»»

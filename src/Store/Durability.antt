-- ===== src/Store/Durability.antt =====
-- What a write leaves in the file, and what a later process reads back from it.
pub mod Validity
use base_layer.Base.{
  Bool, true, false, List, [], ◌∷◌, ◌≡◌, ◌⊎◌, refl, ap, sym, ◌∙◌, arith, Result, ok, err,
  Result-cases, Bool-cases, inl, inr, subst, Error,
}
use base_layer.Types.{StateFile}
use base_layer.Types.Schema.{Formats}
use base_layer.Types.Platform.{Platform}
use base_layer.Store.File.{
  ControlPlaneStore, StoreFile, empty_state, valid_state, load, refresh_from_disk, refresh_file,
  open_store, persist,
}
use base_layer.Store.Monad.{M, mutated, finish, with_write_lock}
use base_layer.Store.Operation.{Operation, operation, run}
use base_layer.Store.Closed.{operation-Preserves, Preserves}
use base_layer.Store.Durability.Validity.{
  Valid, Valid-Closed, Valid-valid_state, valid_state-Valid, empty-Valid,
}

module _ (formats : Formats) where
  -- Whatever the file holds, a state that is loaded from it passes the schema.
  pub load-Valid : (file : StoreFile) {s : StateFile} → load formats file ≡ ok s → Valid formats s
  unfolding load
  load-Valid StoreFile.absent {s} h =
      let e : empty_state ≡ s = ground arith in subst (Valid formats) e (empty-Valid formats)
  load-Valid StoreFile.malformed h = absurd (ground arith)
  load-Valid StoreFile.misshapen {s} h =
      let e : empty_state ≡ s = ground arith in subst (Valid formats) e (empty-Valid formats)
  load-Valid (StoreFile.content t) {s} h = elim (Bool-cases (valid_state formats t)) [
    | inl v ↦
        let e : t ≡ s = ground arith in subst (Valid formats) e (valid_state-Valid formats t v)
    | inr v ↦
        let e : empty_state ≡ s = ground arith in subst (Valid formats) e (empty-Valid formats)
  ]

  open_on :
      (file : StoreFile) (s : StateFile) (l : Bool)
      → refresh_from_disk formats true (record { file = file; state = s; loaded = l })
        ≡ open_store formats file
  unfolding refresh_from_disk open_store refresh_file load
  open_on StoreFile.absent s l = refl
  open_on StoreFile.malformed s l = refl
  open_on StoreFile.misshapen s l = refl
  open_on (StoreFile.content t) s l = refl

  -- A forced refresh is a new start on the file: it reads nothing else of the store.
  pub refresh_as_open :
      (store : ControlPlaneStore)
      → refresh_from_disk formats true store ≡ open_store formats store.file
  refresh_as_open store = open_on store.file store.state store.loaded

  abbrev Opened : StoreFile → ControlPlaneStore → Type 0
  Opened file fresh = Valid formats fresh.state × (fresh.file ≡ file)

  carried :
      {file : StoreFile} {a b : ControlPlaneStore}
      → Result.ok a ≡ ok b
      → Opened file a
      → Opened file b
  carried {file} {a} {b} h o = let e : a ≡ b = ground arith in subst (Opened file) e o

  -- What a store opens with passes the schema.
  pub open-Valid :
      (file : StoreFile) {fresh : ControlPlaneStore}
      → open_store formats file ≡ ok fresh
      → Opened file fresh
  unfolding refresh_from_disk open_store refresh_file load
  open-Valid StoreFile.absent h = carried h (empty-Valid formats, refl)
  open-Valid StoreFile.malformed h = absurd (ground arith)
  open-Valid StoreFile.misshapen h = carried h (empty-Valid formats, refl)
  open-Valid (StoreFile.content t) h = carried h (load-Valid (StoreFile.content t) refl, refl)

  -- A file with a state in it that passes the schema is read back as it is.
  pub reopen :
      (s : StateFile)
      → Valid formats s
      → open_store formats (StoreFile.content s)
        ≡ ok (record { file = StoreFile.content s; state = s; loaded = true })
  unfolding refresh_from_disk open_store refresh_file load
  reopen s v = rw (Valid-valid_state formats s v)

  -- A write starts from the file alone.
  pub locked_write :
      {A : Type 0} (l : Unit {0}) (m : M A) (store : ControlPlaneStore)
      → with_write_lock formats (ok l) m store ≡ mutated m store (open_store formats store.file)
  unfolding with_write_lock
  locked_write l m store = ap (mutated m store) (refresh_as_open store)

  finished :
      {A : Type 0} (fresh : ControlPlaneStore) (r : Result A × StateFile) {a : A}
      {st : ControlPlaneStore}
      → finish fresh r ≡ (ok a, st)
      → (t : StateFile) × (r ≡ (ok a, t)) × (persist (record fresh { state = t }) ≡ st)
  unfolding finish
  finished fresh (ok b, t) {a} h =
      let e : b ≡ a = ground arith in (t, ap (λ c. (ok c, t)) e, ap (λ z. z.1) h)
  finished fresh (err e, t) h = absurd (ground arith)

  -- A write that returns has changed the state that the file opened with, and the file has the new one.
  pub written :
      {A : Type 0} (lock : Result (Unit {0})) (m : M A) (store st : ControlPlaneStore) {a : A}
      → with_write_lock formats lock m store ≡ (ok a, st)
      → (fresh : ControlPlaneStore) × (t : StateFile) × (open_store formats store.file ≡ ok fresh)
        × (m fresh.state ≡ (ok a, t))
        × (st ≡ record { file = StoreFile.content t; state = t; loaded = true })
  unfolding with_write_lock persist
  written (err e) m store st h = absurd (ground arith)
  written {A} (ok l) m store st h = elim (Result-cases (open_store formats store.file)) [
    | inl (fresh, e) ↦
        let (t, q, p) =
          finished fresh (m fresh.state)
            (sym (locked_write l m store ∙ ap (mutated m store) e) ∙ h) in
        (fresh, t, e, q, sym p)
    | inr (x, e) ↦ absurd (clash (sym (locked_write l m store ∙ ap (mutated m store) e) ∙ h))
  ]
    where
      clash :
          {x : Error} {b : A} {s t : ControlPlaneStore}
          → ◌≡◌ {A = Result A × ControlPlaneStore} (err x, s) (ok b, t)
          → ⊥
      clash c = ground arith

-- Where the calls of the file system return, a write that returns is durable: whichever process opens the file next has exactly the state that
-- the write left in memory, whatever the file held before.
pub write-durable :
    (platform : Platform) (lock : Result (Unit {0})) (op : Operation) (store st : ControlPlaneStore)
    → with_write_lock platform.formats lock (operation platform op) store ≡ (ok tt, st)
    → open_store platform.formats st.file ≡ ok st
write-durable platform lock op store st h =
    let (fresh, t, o, e, p) = written platform.formats lock (operation platform op) store st h in
    let kept : Valid platform.formats t =
      subst (λ r. Valid platform.formats r.1) e
        (operation-Preserves platform (Valid platform.formats) (Valid-Closed platform) op
          fresh.state (open-Valid platform.formats store.file o).0) in
    rw p (reopen platform.formats t kept)

module _ (formats : Formats) where
  finish-failed :
      {A : Type 0} (fresh : ControlPlaneStore) (r : Result A × StateFile) {e : Error}
      {st : ControlPlaneStore}
      → finish fresh r ≡ (err e, st)
      → fresh.file ≡ st.file
  unfolding finish
  finish-failed fresh (ok b, t) h = absurd (ground arith)
  finish-failed fresh (err e, t) h = ap (λ z. z.1.file) h

  -- Where the calls of the file system return, a write that throws leaves the file as it was.
  pub failed-write-keeps_file :
      {A : Type 0} (lock : Result (Unit {0})) (m : M A) (store st : ControlPlaneStore) {e : Error}
      → with_write_lock formats lock m store ≡ (err e, st)
      → st.file ≡ store.file
  unfolding with_write_lock
  failed-write-keeps_file (err e) m store st h = sym (ap (λ z. z.1.file) h)
  failed-write-keeps_file (ok l) m store st h =
      elim (Result-cases (open_store formats store.file)) [
        | inl (fresh, e) ↦
            sym (
              finish-failed fresh (m fresh.state)
                (sym (locked_write formats l m store ∙ ap (mutated m store) e) ∙ h))
            ∙ (open-Valid formats store.file e).1
        | inr (x, e) ↦
            sym (
              ap (λ z. z.1.file)
                (sym (locked_write formats l m store ∙ ap (mutated m store) e) ∙ h))
      ]

  mutated-file :
      {A : Type 0} (m : M A) (a b : ControlPlaneStore) (r : Result ControlPlaneStore)
      → a.file ≡ b.file
      → ((mutated m a r).0 ≡ (mutated m b r).0) × ((mutated m a r).1.file ≡ (mutated m b r).1.file)
  mutated-file m a b (ok fresh) same = (refl, refl)
  mutated-file m a b (err e) same = (refl, same)

  -- The result of a write and what it leaves in the file depend on the file alone, not on what the
  -- process has in memory from earlier calls, failed writes among them.
  pub write-from_file :
      {A : Type 0} (lock : Result (Unit {0})) (m : M A) (a b : ControlPlaneStore)
      → a.file ≡ b.file
      → ((with_write_lock formats lock m a).0 ≡ (with_write_lock formats lock m b).0)
        × ((with_write_lock formats lock m a).1.file ≡ (with_write_lock formats lock m b).1.file)
  unfolding with_write_lock
  write-from_file (err e) m a b same = (refl, same)
  write-from_file (ok l) m a b same =
      rw (refresh_as_open formats a ∙ ap (open_store formats) same, refresh_as_open formats b)
        (mutated-file m a b (open_store formats b.file) same)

««

## ASSIGNMENT
What needs duplicating is the run of lines from the one containing "rw (refresh_as_open formats" through the last line of the entries above, exact and complete.

## COMPLETED TASK
      rw (refresh_as_open formats a ∙ ap (open_store formats) same, refresh_as_open formats b)
        (mutated-file m a b (open_store formats b.file) same)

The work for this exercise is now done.